Le salaire n’est plus le principal vecteur de motivation

Pionnier en matière de gestion du capital humain, ADP a dévoilé les conclusions d’une enquête d’ampleur. Après avoir questionné quelques 10 000 actifs en Europe ces 3 dernières années, le cabinet développe le constat suivant : pour 54% des salariés sondés, le salaire n’est pas, ou en tout cas plus, le principal vecteur de motivation.

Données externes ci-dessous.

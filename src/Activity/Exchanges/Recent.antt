-- ===== src/Activity/Exchanges/Recent.antt =====
-- The exchanges that src/activity/mod.rs keeps when they are finished.
use anthroxy.Prelude.{
  ◌+◌, ◌-◌, ◌≤◌, ◌==◌, ◌≡◌, refl, sym, ap, ◌∙◌, List, [], ◌∷◌, ◌++◌, length, length-append,
  length-drop, drop, drop-append, drop-drop, append_assoc, append-nil, ==_iff, arith, true, false,
}
use native.Mathlib.Decide.{dec_le}
use anthroxy.Activity.Exchanges.{View, recent_max, push_recent}

-- What is kept when exchanges finish in this order.
unfoldable pub kept : List View → List View → List View
unfolding push_recent
kept recent [] = recent
kept recent (v ∷ finished) = kept (push_recent v recent) finished

-- The last ones of a list, up to the limit.
abbrev pub last_ones : List View → List View
last_ones vs = drop (length vs - recent_max) vs

length-last_ones : (vs : List View) → length (last_ones vs) ≤ recent_max
length-last_ones vs = omega (arith, length-drop (length vs - recent_max) vs)

push_recent-full :
    (v : View) (recent : List View)
    → (length recent == recent_max) ≡ true
    → push_recent v recent ≡ drop 1 recent ++ v ∷ []
unfolding push_recent
push_recent-full v recent h = rw h refl

push_recent-room :
    (v : View) (recent : List View)
    → (length recent == recent_max) ≡ false
    → push_recent v recent ≡ recent ++ v ∷ []
unfolding push_recent
push_recent-room v recent h = rw h refl

pub push_recent-last_ones :
    (v : View) (vs : List View) → push_recent v (last_ones vs) ≡ last_ones (vs ++ v ∷ [])
push_recent-last_ones v vs = elim (dec_le recent_max (length vs)) [
  | yes many ↦
      let k = length vs - recent_max in
      let next : k + 1 ≡ length (vs ++ v ∷ []) - recent_max =
        omega (arith, many, length-append vs (v ∷ [])) in
      let full : length (last_ones vs) ≡ recent_max = omega (arith, many, length-drop k vs) in
      push_recent-full v (last_ones vs) ((==_iff (length (last_ones vs)) recent_max).1 full)
      ∙ ap (λ r. r ++ v ∷ []) (sym (drop-drop k 1 vs))
      ∙ sym (drop-append (k + 1) vs (v ∷ []) (omega (arith, many)))
      ∙ ap (λ n. drop n (vs ++ v ∷ [])) next
  | no few ↦
      let whole : length vs - recent_max ≡ 0 = omega (arith, few) in
      let grown : length (vs ++ v ∷ []) - recent_max ≡ 0 =
        omega (arith, few, length-append vs (v ∷ [])) in
      let room : (length (last_ones vs) == recent_max) ≡ false = rw whole (ground (arith, few)) in
      push_recent-room v (last_ones vs) room
      ∙ ap (λ n. drop n vs ++ v ∷ []) whole
      ∙ ap (λ n. drop n (vs ++ v ∷ [])) (sym grown)
]

kept-last_ones :
    (vs finished : List View) → kept (last_ones vs) finished ≡ last_ones (vs ++ finished)
unfolding kept
kept-last_ones vs [] = ap last_ones (sym (append-nil vs))
kept-last_ones vs (v ∷ finished) =
    ap (λ r. kept r finished) (push_recent-last_ones v vs)
    ∙ kept-last_ones (vs ++ v ∷ []) finished
    ∙ ap last_ones (append_assoc vs (v ∷ []) finished)

-- Of all exchanges that finished, the last ones are kept, in order and each once, up to RECENT.
pub kept-from_none : (finished : List View) → kept [] finished ≡ last_ones finished
kept-from_none finished = kept-last_ones [] finished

En France, ce chiffre passe à 44% chez les hommes, pour grimper à 56% chez les femmes.

Soulignant l’importance de la flexibilité, le statut changeant du travail et la nécessité pour les entreprises de prendre en compte la marque employeur, Carlos Fontela de Carvalho, le président d’ADP France, évoque les conclusions claires de l’étude : « Les salariés veulent qu’au quotidien l’entreprise s’occupe d’eux en tant qu’individu, de leur bien-être comme de leurs compétences […] A défaut, ils sont beaucoup moins attachés à leur marque employeur et n’hésitent pas à aller voir ailleurs. […] Avant, pour beaucoup, le travail c’était tout. Aujourd’hui ce n’est qu’une partie d’un tout ».

Un besoin de flexibilité évident

D’ailleurs, cette envie, ce besoin même de flexibilité transpire dans les conclusions de l’étude. Pour 27% des Français – majoritairement représentés dans les groupes 35-44 ans et plus de 55 ans -, l’équilibre travail-vie privée représente le facteur clé de motivation au travail, loin devant les possibilités d’évolution au sein de l’entreprise. Toujours en France, 26% des sondés ont mis en avant l’importance des bonnes relations avec son voisin de bureau. Bref, la QVT, un point clé au travail en 2018, qui transpire par une envie d’immédiateté, cassant avec l’idée de « sacrifice » sur le long-terme vu comme une norme il y a encore quelques années de cela.